16 de junho de 2004

Querido amigo

Quero, em primeiro lugar, agradecer-lhe a oportunidade que me dá de expor a todos o meu sofrimento e as injustiças que se abateram sobre mim.
Continuo compulsivamente internado nesta clínica e proibido de aceder ao dói-me. - Voltar ao blog está fora de questão - disse-me a Dra. Sílvia - o seu caso requer repouso absoluto. Detesto a Dra. Sílvia! É uma mulher experiente, já ultrapassou há muito a idade reprodutiva, assume as brancas e os pés de galinha sem complexos mas, mesmo assim, detesto-a! Diz que quer ajudar-me a deixar o Lexotan, conversa comigo todas as tardes, é ríspida por vezes: - João, já pensou em deitar fora todos esses frasquinhos?
Olho para os seiscentos e quarenta e sete frasquinhos que pousei nas prateleiras da estante do meu quarto e estremeço. Seiscentas e quarenta e sete caganitas meticulosamente recolhidas, analisadas e catalogadas todas as fezes, todo o trabalho de uma vida!
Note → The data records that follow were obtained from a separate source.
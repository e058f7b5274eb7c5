-- ===== src/Router/Selection.antt =====
-- Which node a request gets: one of the rows, with a context that fits if any row has one.
use llama_net.Prelude.{
  All-weaken, All-get, get_total, some_inj, ℕ, ◌%◌, ◌≡◌, ◌⊎◌, inl, inr, refl, sym, ◌∙◌, ap, subst,
  Bool, true, false, Option, none, some, List, [], ◌∷◌, String, str_eq, arith, ltb, keep, any,
  length, get_elem?, All, Bool-cases, Option-cases,
}
use llama_net.Prelude.Dict
use llama_net.Prelude.Int.{ℤ, pos, ltb_ℤ, leb_ℤ}
use llama_net.Router.State.{Node, ModelRouter}
use llama_net.Router.Select.{
  context_filter, find_node, affinity_node, least_loaded, by_strategy, sticky, fresh_choice, settle,
  nonempty, cleanup_affinity, select_from,
}

-- What each strategy returns.
by_strategy_cases :
    (strategy slug : String) (draw : ℕ) (n : Node) (ns : List Node) (s : ModelRouter)
    → ((i : ℕ) × ((by_strategy strategy slug draw n ns s).0
          ≡ get_elem? (n ∷ ns) (i % length (n ∷ ns))))
      ⊎ ((by_strategy strategy slug draw n ns s).0 ≡ some (least_loaded n ns))
unfolding by_strategy
by_strategy_cases strategy slug draw n ns s = elim (Bool-cases (str_eq strategy "round_robin")) [
  | inl t ↦ inl (Dict.get_or s.rr_index slug 0, rw t refl)
  | inr f ↦ elim (Bool-cases (str_eq strategy "random")) [
    | inl t ↦ inl (draw, rw f (rw t refl))
    | inr g ↦ inr (rw f (rw g refl))
  ]
]

module _ {ℓ} (P : Node → Type ℓ) where
  find_node-All :
      (hash : String) (xs : List Node) {m : Node} → All P xs → find_node hash xs ≡ some m → P m
  unfolding find_node
  find_node-All hash [] h e = absurd (ground arith)
  find_node-All hash (x ∷ xs) {m} h e = elim (Bool-cases (str_eq x.node_hash hash)) [
    | inl t ↦ let q : x ≡ m = ground arith in subst P q h.0
    | inr f ↦ find_node-All hash xs h.1 (ground arith)
  ]

  least_loaded-All : (b : Node) (xs : List Node) → P b → All P xs → P (least_loaded b xs)
  unfolding least_loaded
  least_loaded-All b [] p h = p
  least_loaded-All b (x ∷ xs) p h = elim (Bool-cases (ltb x.load b.load)) [
    | inl t ↦ rw t (least_loaded-All x xs h.0 h.1)
    | inr f ↦ rw f (least_loaded-All b xs p h.1)
  ]

  affinity_node-All :
      (c : ℤ) (hash : String) (xs : List Node) {m : Node}
      → All P xs
      → affinity_node c hash xs ≡ some m
      → P m
  unfolding affinity_node
  affinity_node-All c hash xs {m} h e = elim (Option-cases (find_node hash xs)) [
    | inl q ↦ absurd (ground arith)
    | inr (n, q) ↦ find_node-All hash xs h (let r : n ≡ m = ground arith in q ∙ ap some r)
  ]

  by_strategy-All :
      (strategy slug : String) (draw : ℕ) (n : Node) (ns : List Node) (s : ModelRouter) {m : Node}
      → All P (n ∷ ns)
      → (by_strategy strategy slug draw n ns s).0 ≡ some m
      → P m
  unfolding by_strategy
  by_strategy-All strategy slug draw n ns s {m} h e =
      elim (by_strategy_cases strategy slug draw n ns s) [
        | inl (i, q) ↦ All-get P (n ∷ ns) (i % length (n ∷ ns)) m h (sym q ∙ e)
        | inr q ↦ subst P (some_inj (sym q ∙ e)) (least_loaded-All n ns h.0 h.1)
      ]

  sticky-All :
      (p : Option String) (c : ℤ) (xs : List Node) (now : ℕ) (s : ModelRouter) {m : Node}
      → All P xs
      → (sticky p c xs now s).0 ≡ some m
      → P m
  unfolding sticky
  sticky-All none c xs now s h e = absurd (ground arith)
  sticky-All (some p) c xs now s {m} h e = elim (Option-cases (Dict.get s.prefix_affinity p)) [
    | inl q ↦ absurd (ground arith)
    | inr (hash, q) ↦ affinity_node-All c hash xs h (tied hash q)
  ]
    where
      tied :
          (hash : String)
          → Dict.get s.prefix_affinity p ≡ some hash
          → affinity_node c hash xs ≡ some m
      tied hash q = elim (Option-cases (affinity_node c hash xs)) [
        | inl r ↦ absurd (ground arith)
        | inr (n, r) ↦ let w : n ≡ m = ground arith in r ∙ ap some w
      ]

  fresh_choice-All :
      (p : Option String) (strategy slug : String) (draw now : ℕ) (xs : List Node) (s : ModelRouter)
      {m : Node}
      → All P xs
      → (fresh_choice p strategy slug draw now xs s).0 ≡ some m
      → P m
  fresh_choice-All p strategy slug draw now [] s h e = absurd (ground arith)
  fresh_choice-All p strategy slug draw now (n ∷ ns) s h e =
      by_strategy-All strategy slug draw n ns s h e

  settle-All :
      (t : Option Node) (p : Option String) (strategy slug : String) (draw now : ℕ) (xs : List Node)
      (s : ModelRouter) {m : Node}
      → ((k : Node) → t ≡ some k → P k)
      → All P xs
      → (settle t p strategy slug draw now xs s).0 ≡ some m
      → P m
  settle-All (some k) p strategy slug draw now xs s held h e = subst P (some_inj e) (held k refl)
  settle-All none p strategy slug draw now xs s held h e =
      fresh_choice-All p strategy slug draw now xs s h e

  select_from-All :
      (slug strategy : String) (p : Option String) (c : ℤ) (draw swept used tied : ℕ)
      (xs : List Node) (s : ModelRouter) {m : Node}
      → All P (context_filter c xs)
      → (select_from slug strategy p c draw swept used tied xs s).0 ≡ some m
      → P m
  unfolding select_from
  select_from-All slug strategy p c draw swept used tied [] s h e = absurd (ground arith)
  select_from-All slug strategy p c draw swept used tied (n ∷ ns) s {m} h e =
      let nodes = context_filter c (n ∷ ns) in
      let r = sticky (nonempty p) c nodes used (cleanup_affinity swept s) in
      settle-All r.0 (nonempty p) strategy slug draw tied nodes r.1
        (λ k q. sticky-All (nonempty p) c nodes used (cleanup_affinity swept s) h q) h e

-- Membership in a list of rows.
abbrev pub Among : Node → List Node → Type 0
Among m [] = ⊥
Among m (n ∷ ns) = (m ≡ n) ⊎ Among m ns

abbrev pub fits : ℤ → Node → Bool
fits c n = leb_ℤ c (pos n.ctx_length)

All-Among : (xs : List Node) → All (λ n. Among n xs) xs
All-Among [] = tt
All-Among (x ∷ xs) = (inl refl, All-weaken _ _ xs (λ n h. inr h) (All-Among xs))

module _ (P : Node → Type 0) (c : ℤ) where
  keep-All : (xs : List Node) → All P xs → All (λ n. P n × (fits c n ≡ true)) (keep (fits c) xs)
  keep-All [] h = tt
  keep-All (x ∷ xs) h = elim (Bool-cases (fits c x)) [
    | inl t ↦ rw t ((h.0, t), keep-All xs h.1)
    | inr f ↦ rw f (keep-All xs h.1)
  ]

keep-nil : (c : ℤ) (xs : List Node) → keep (fits c) xs ≡ [] → any (fits c) xs ≡ false
keep-nil c [] e = refl
keep-nil c (x ∷ xs) e = ground (arith, keep-nil c xs)

-- What holds of every row that passes the context filter.
abbrev pub Suits : ℤ → List Node → Node → Type 0
Suits c xs m = Among m xs × (ltb_ℤ (pos 0) c ≡ true → any (fits c) xs ≡ true → fits c m ≡ true)

kept_or_All :
    (c : ℤ) (n : Node) (ns kept : List Node)
    → kept ≡ keep (fits c) (n ∷ ns)
    → (k : Node) × (ks : List Node) × ((elim kept [ [] ↦ n ∷ ns | k ∷ ks ↦ k ∷ ks ]) ≡ k ∷ ks)
      × All (Suits c (n ∷ ns)) (k ∷ ks)
kept_or_All c n ns [] e = (
  n,
  ns,
  refl,
  All-weaken _ _ (n ∷ ns) (λ m a. (a, λ l f. absurd (ground (arith, keep-nil c (n ∷ ns) (sym e)))))
      (All-Among (n ∷ ns)),
)
kept_or_All c n ns (k ∷ ks) e = (
  k,
  ks,
  refl,
  subst (All (Suits c (n ∷ ns))) (sym e) (
      All-weaken _ _ (keep (fits c) (n ∷ ns)) (λ m a. (a.0, λ l f. a.1))
        (keep-All (λ m. Among m (n ∷ ns)) c (n ∷ ns) (All-Among (n ∷ ns)))),
)

-- The filter keeps at least one row, and only rows that suit.
context_filter-Suits :
    (c : ℤ) (n : Node) (ns : List Node)
    → (k : Node) × (ks : List Node) × (context_filter c (n ∷ ns) ≡ k ∷ ks)
      × All (Suits c (n ∷ ns)) (k ∷ ks)
unfolding context_filter
context_filter-Suits c n ns = elim (Bool-cases (ltb_ℤ (pos 0) c)) [
  | inl t ↦
      let (k, ks, e, all) = kept_or_All c n ns (keep (fits c) (n ∷ ns)) refl in (k, ks, rw t e, all)
  | inr f ↦ (
    n,
    ns,
    rw f refl,
    All-weaken _ _ (n ∷ ns) (λ m a. (a, λ l g. absurd (ground arith))) (All-Among (n ∷ ns)),
  )
]

by_strategy_total :
    (strategy slug : String) (draw : ℕ) (n : Node) (ns : List Node) (s : ModelRouter)
    → (m : Node) × ((by_strategy strategy slug draw n ns s).0 ≡ some m)
by_strategy_total strategy slug draw n ns s = elim (by_strategy_cases strategy slug draw n ns s) [
  | inl (i, q) ↦ let (m, e) = get_total (n ∷ ns) (i % length (n ∷ ns)) (omega arith) in (m, q ∙ e)
  | inr q ↦ (least_loaded n ns, q)
]

settle_total :
    (t : Option Node) (p : Option String) (strategy slug : String) (draw now : ℕ) (xs : List Node)
    (s : ModelRouter) (k : Node) (ks : List Node)
    → xs ≡ k ∷ ks
    → (m : Node) × ((settle t p strategy slug draw now xs s).0 ≡ some m)
settle_total (some k) p strategy slug draw now xs s n ns e = (k, refl)
settle_total none p strategy slug draw now xs s n ns e =
    let (m, f) = by_strategy_total strategy slug draw n ns s in (m, rw e f)

select_from_total :
    (slug strategy : String) (p : Option String) (c : ℤ) (draw swept used tied : ℕ) (n : Node)
    (ns : List Node) (s : ModelRouter)
    → (m : Node) × ((select_from slug strategy p c draw swept used tied (n ∷ ns) s).0 ≡ some m)
unfolding select_from
select_from_total slug strategy p c draw swept used tied n ns s =
    let (k, ks, e, _) = context_filter-Suits c n ns in
    let r = sticky (nonempty p) c (context_filter c (n ∷ ns)) used (cleanup_affinity swept s) in
    settle_total r.0 (nonempty p) strategy slug draw tied (context_filter c (n ∷ ns)) r.1 k ks e

-- If the database has rows for the model, a node is selected, whatever the strategy, the affinity
-- and the draw: it is one of the rows and, if some row has the context length that the request
-- needs, it has it too. Without rows there is none.
pub select-Suits :
    (slug strategy : String) (p : Option String) (c : ℤ) (draw swept used tied : ℕ)
    (s : ModelRouter)
    → ((select_from slug strategy p c draw swept used tied [] s).0 ≡ none)
      × ((n : Node) (ns : List Node)
          → (m : Node) × ((select_from slug strategy p c draw swept used tied (n ∷ ns) s).0
              ≡ some m)
            × Suits c (n ∷ ns) m)
unfolding select_from
select-Suits slug strategy p c draw swept used tied s = (
  refl,
  λ n ns.
      let (m, e) = select_from_total slug strategy p c draw swept used tied n ns s in
      let (k, ks, f, all) = context_filter-Suits c n ns in
      (
        m,
        e,
        select_from-All (Suits c (n ∷ ns)) slug strategy p c draw swept used tied (n ∷ ns) s
            (rw f all) e,
      ),
)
Não, não estou preparado para deitar nada fora! Pergunto: estariam vocês, queridos amigos, preparados para deitar fora todos os posts que até hoje obraram? É infame o que se está a passar comigo! Ninguém pode ser impunemente obrigado a deitar borda fora o seu passado!
João Mendes Cruz (pessoalmente)

3 Comments:

Blogger Rui said...

Finalmente! O João tem toda a razão. Não se pode perder tamanho espólio. A Dra. Sílvia pede-lhe que deite tudo fora, porque não lhe custou nada a criá-lo.

17 de junho de 2004 às 00:38  
Anonymous Anónimo said...

Felicitações pela contratação. Iremos seguir ansiosamente a evolução do percurso clínico do camarada João Mendes Cruz.

Comentário conjunto do timshel e do piquiatra do proletário vermelho

PS.: Adenda do psiquiatra do proletário vermelho: Sublinho de novo a importância da substituição da terapêutica. No caso de impossibilidade de sessões de terapia em grupo, recomenda-se o uso de Xanax. Sobretudo, estou de acordo com a Dra. Silvia, é de evitar completamente a utilisação do Lexotan.

17 de junho de 2004 às 06:31  
Blogger MF said...

Querido João:
Ainda não estou sossegada. Não creio que tenha acesso a ler estes meus comentários mas, se por algum milagre conseguir aceder a este blog, não hesite em pedir ajuda para o que for necessário. A Sara sabe onde está? E a Lena? Credo, se ela o vai ver à clínica ainda lha recomendam como terapia de choque!